Stored data entries:
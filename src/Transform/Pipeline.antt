-- ===== src/Transform/Pipeline.antt =====
-- `TransformMessages` of ai/apis/transform.go: the passes, one after the other.
pub mod Ready
pub mod HandOff
use kern_proxy.Base.{ℕ, Option, List, []}
use kern_proxy.Base.Int.{ℤ}
use kern_proxy.Messages.{Message, Model}
use kern_proxy.Transform.Normalize.{normalize_nil_content}
use kern_proxy.Transform.Images.{downgrade_unsupported_images}
use kern_proxy.Transform.Blocks.{Normalizer, transform_all}
use kern_proxy.Transform.Orphans.{insert_orphan_tool_results}

unfoldable pub transform_messages :
    (ℕ → ℤ) → List Message → Model → Option Normalizer → List Message
transform_messages now ms model f =
    insert_orphan_tool_results now
      (transform_all (downgrade_unsupported_images (normalize_nil_content ms) model) model [] f)
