-- ===== src/Anthropic/Convert.antt =====
-- `convertMessages` of ai/apis/anthropic/anthropic.go: a conversation becomes the messages of a request.
-- A block is what the map of the source says, and `cache` its `cache_control`. Texts are sequences of
-- Unicode scalar values, which `SanitizeSurrogates` leaves alone.
pub mod Answers
pub mod Cached
use kern_proxy.Base.{
  ℕ, Bool, true, false, Option, none, some, List, [], ◌∷◌, ◌++◌, String, ◌=ₛ◌, ◌+ₛ◌, if◌then◌else◌,
  items,
}
use kern_proxy.Base.Int.{ℤ}
use kern_proxy.Messages.{
  UserPart, AssistantPart, UserContent, ThinkingContent, ToolCall, UserMessage, AssistantMessage,
  ToolResultMessage, Message, Model,
}
use kern_proxy.Transform.Blocks.{is_blank, Normalizer}
use kern_proxy.Transform.Pipeline.{transform_messages}
use kern_proxy.Anthropic.Names.{normalize_tool_call_id, to_claude_code_name}

-- `wireCacheControl`: the `ttl` is `1h` or omitted.
pub record CacheControl : Type 0 where
  pub long : Bool

-- The content of a tool result is a text, or texts and images.
pub data ResultPart : Type 0 where
  text : String → ResultPart
  image : String → String → ResultPart

pub data ResultContent : Type 0 where
  plain : String → ResultContent
  blocks : List ResultPart → ResultContent

pub data Block : Type 0 where
  text : String → Block
  image : String → String → Block  -- media type and data
  thinking : String → String → Block  -- with its signature
  redacted_thinking : String → Block
  tool_use : String → String → Option String → Block  -- id, name, input
  tool_result : String → ResultContent → Bool → Block

pub record WireBlock : Type 0 where
  pub block : Block
  pub cache : Option CacheControl

pub data Content : Type 0 where
  plain : String → Content
  blocks : List WireBlock → Content

pub data Role : Type 0 where
  user assistant : Role

pub record WireMessage : Type 0 where
  pub role : Role
  pub content : Content

-- What the conversion reads of the model and the token.
pub record Options : Type 0 where
  pub allow_empty_signature : Bool
  pub is_oauth : Bool
  pub to_lower : String → String

abbrev pub bare : Block → WireBlock
bare b = record { block = b; cache = none }

-- `convertUserBlocks`
unfoldable pub convert_user_blocks : List UserPart → List WireBlock
convert_user_blocks [] = []
convert_user_blocks (UserPart.text t ∷ bs) =
    let rest = convert_user_blocks bs in
    if is_blank t.text then rest else bare (Block.text t.text) ∷ rest
convert_user_blocks (UserPart.image i ∷ bs) =
    bare (Block.image i.mime_type i.bytes) ∷ convert_user_blocks bs

-- The `ThinkingContent` branch of `convertAssistantBlocks`.
unfoldable pub convert_thinking : Options → ThinkingContent → List WireBlock
convert_thinking o b =
    if b.redacted
    then bare (Block.redacted_thinking b.thinking_signature) ∷ []
    else if is_blank b.thinking
    then []
    else if is_blank b.thinking_signature
    then if o.allow_empty_signature
      then bare (Block.thinking b.thinking "") ∷ []
      else bare (Block.text b.thinking) ∷ []
    else bare (Block.thinking b.thinking b.thinking_signature) ∷ []

-- A nil map has the JSON text `null`.
abbrev pub arguments_or_empty : Option String → Option String
arguments_or_empty none = none
arguments_or_empty (some a) = if a =ₛ "null" then some "{}" else some a

abbrev pub convert_call : Options → ToolCall → Block
convert_call o c =
    Block.tool_use c.id (if o.is_oauth then to_claude_code_name o.to_lower c.name else c.name)
      (arguments_or_empty c.arguments)

-- `convertAssistantBlocks`
unfoldable pub convert_assistant_blocks : Options → List AssistantPart → List WireBlock
convert_assistant_blocks o [] = []
convert_assistant_blocks o (AssistantPart.text t ∷ bs) =
    let rest = convert_assistant_blocks o bs in
    if is_blank t.text then rest else bare (Block.text t.text) ∷ rest
convert_assistant_blocks o (AssistantPart.thinking t ∷ bs) =
    convert_thinking o t ++ convert_assistant_blocks o bs
convert_assistant_blocks o (AssistantPart.tool_call c ∷ bs) =
    bare (convert_call o c) ∷ convert_assistant_blocks o bs

unfoldable pub has_images : List UserPart → Bool
has_images [] = false
has_images (UserPart.image _ ∷ bs) = true
has_images (UserPart.text _ ∷ bs) = has_images bs

unfoldable pub texts : List UserPart → List String
texts [] = []
texts (UserPart.image _ ∷ bs) = texts bs
texts (UserPart.text t ∷ bs) = t.text ∷ texts bs

-- `strings.Join(texts, "\n")`
unfoldable pub join_lines : List String → String
join_lines [] = ""
join_lines (t ∷ []) = t
join_lines (t ∷ u ∷ rest) = let later = join_lines (u ∷ rest) in t +ₛ "\n" +ₛ later

unfoldable pub result_parts : List UserPart → List ResultPart
result_parts [] = []
result_parts (UserPart.text t ∷ bs) = ResultPart.text t.text ∷ result_parts bs
result_parts (UserPart.image i ∷ bs) = ResultPart.image i.mime_type i.bytes ∷ result_parts bs

unfoldable pub has_text : List ResultPart → Bool
has_text [] = false
has_text (ResultPart.text _ ∷ bs) = true
has_text (ResultPart.image _ _ ∷ bs) = has_text bs

-- `convertToolResultContent`
unfoldable pub convert_tool_result_content : List UserPart → ResultContent
convert_tool_result_content content =
    if has_images content
    then if has_text (result_parts content)
      then ResultContent.blocks (result_parts content)
      else ResultContent.blocks (ResultPart.text "(see attached image)" ∷ result_parts content)
    else ResultContent.plain (join_lines (texts content))

-- `toolResultBlock`
abbrev pub tool_result_block : ToolResultMessage → WireBlock
tool_result_block m =
    bare
      (Block.tool_result m.tool_call_id (convert_tool_result_content (items m.content)) m.is_error)

abbrev pub blocks_message : Role → List WireBlock → List WireMessage
blocks_message role [] = []
blocks_message role (b ∷ bs) = record { role = role; content = Content.blocks (b ∷ bs) } ∷ []

abbrev pub convert_user : Option String → UserMessage → List WireMessage
convert_user none m = blocks_message Role.user (convert_user_blocks (items m.content.blocks))
convert_user (some t) m =
    if is_blank t then [] else record { role = Role.user; content = Content.plain t } ∷ []

abbrev pub results_message : List WireBlock → WireMessage
results_message results = record { role = Role.user; content = Content.blocks results }

-- The loop of `convertMessages`; `convert_results` is its inner loop, on the results so far.
unfoldable mutual
  pub convert_all : Options → List Message → List WireMessage
  convert_all o [] = []
  convert_all o (Message.user m ∷ ms) = convert_user m.content.plain m ++ convert_all o ms
  convert_all o (Message.assistant m ∷ ms) =
      blocks_message Role.assistant (convert_assistant_blocks o (items m.content))
      ++ convert_all o ms
  convert_all o (Message.tool_result m ∷ ms) = convert_results o (tool_result_block m ∷ []) ms

  pub convert_results : Options → List WireBlock → List Message → List WireMessage
  convert_results o results [] = results_message results ∷ []
  convert_results o results (Message.tool_result m ∷ ms) =
      convert_results o (results ++ tool_result_block m ∷ []) ms
  convert_results o results (Message.user m ∷ ms) =
      results_message results ∷ convert_user m.content.plain m ++ convert_all o ms
  convert_results o results (Message.assistant m ∷ ms) =
      results_message results
        ∷ blocks_message Role.assistant (convert_assistant_blocks o (items m.content))
      ++ convert_all o ms

-- The switch on the type of the last block.
abbrev pub takes_cache : Block → Bool
takes_cache (Block.text _) = true
takes_cache (Block.image _ _) = true
takes_cache (Block.tool_result _ _ _) = true
takes_cache _ = false

unfoldable pub cache_last_block : CacheControl → List WireBlock → List WireBlock
cache_last_block cc [] = []
cache_last_block cc (b ∷ []) =
    (if takes_cache b.block then record b { cache = some cc } else b) ∷ []
cache_last_block cc (b ∷ c ∷ bs) = let rest = cache_last_block cc (c ∷ bs) in b ∷ rest

abbrev pub cache_content : CacheControl → Content → Content
cache_content cc (Content.plain t) =
    Content.blocks (record { block = Block.text t; cache = some cc } ∷ [])
cache_content cc (Content.blocks bs) = Content.blocks (cache_last_block cc bs)

abbrev pub cache_message : CacheControl → Role → WireMessage → WireMessage
cache_message cc Role.user w = record w { content = cache_content cc w.content }
cache_message cc Role.assistant w = w

-- `applyCacheControlToLastUserMessage`
unfoldable pub apply_cache_control : Option CacheControl → List WireMessage → List WireMessage
apply_cache_control none ws = ws
apply_cache_control (some cc) [] = []
apply_cache_control (some cc) (w ∷ []) = cache_message cc w.role w ∷ []
apply_cache_control (some cc) (w ∷ v ∷ ws) =
    let rest = apply_cache_control (some cc) (v ∷ ws) in w ∷ rest

abbrev pub id_normalizer : Option Normalizer
id_normalizer = some (λ id model message. normalize_tool_call_id id)

-- `convertMessages`; `now` is the clock that `TransformMessages` reads.
unfoldable pub convert_messages :
    (ℕ → ℤ) → Options → List Message → Model → Option CacheControl → List WireMessage
convert_messages now o ms model cache =
    apply_cache_control cache (convert_all o (transform_messages now ms model id_normalizer))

What you are asked to do
Every line from the line containing "pub cache : Option CacheControl" through the line containing "bare b = record" in the records above must be retyped exactly. Leave out the rest.

Output for this task
  pub cache : Option CacheControl

pub data Content : Type 0 where
  plain : String → Content
  blocks : List WireBlock → Content

pub data Role : Type 0 where
  user assistant : Role

pub record WireMessage : Type 0 where
  pub role : Role
  pub content : Content

-- What the conversion reads of the model and the token.
pub record Options : Type 0 where
  pub allow_empty_signature : Bool
  pub is_oauth : Bool
  pub to_lower : String → String

abbrev pub bare : Block → WireBlock
bare b = record { block = b; cache = none }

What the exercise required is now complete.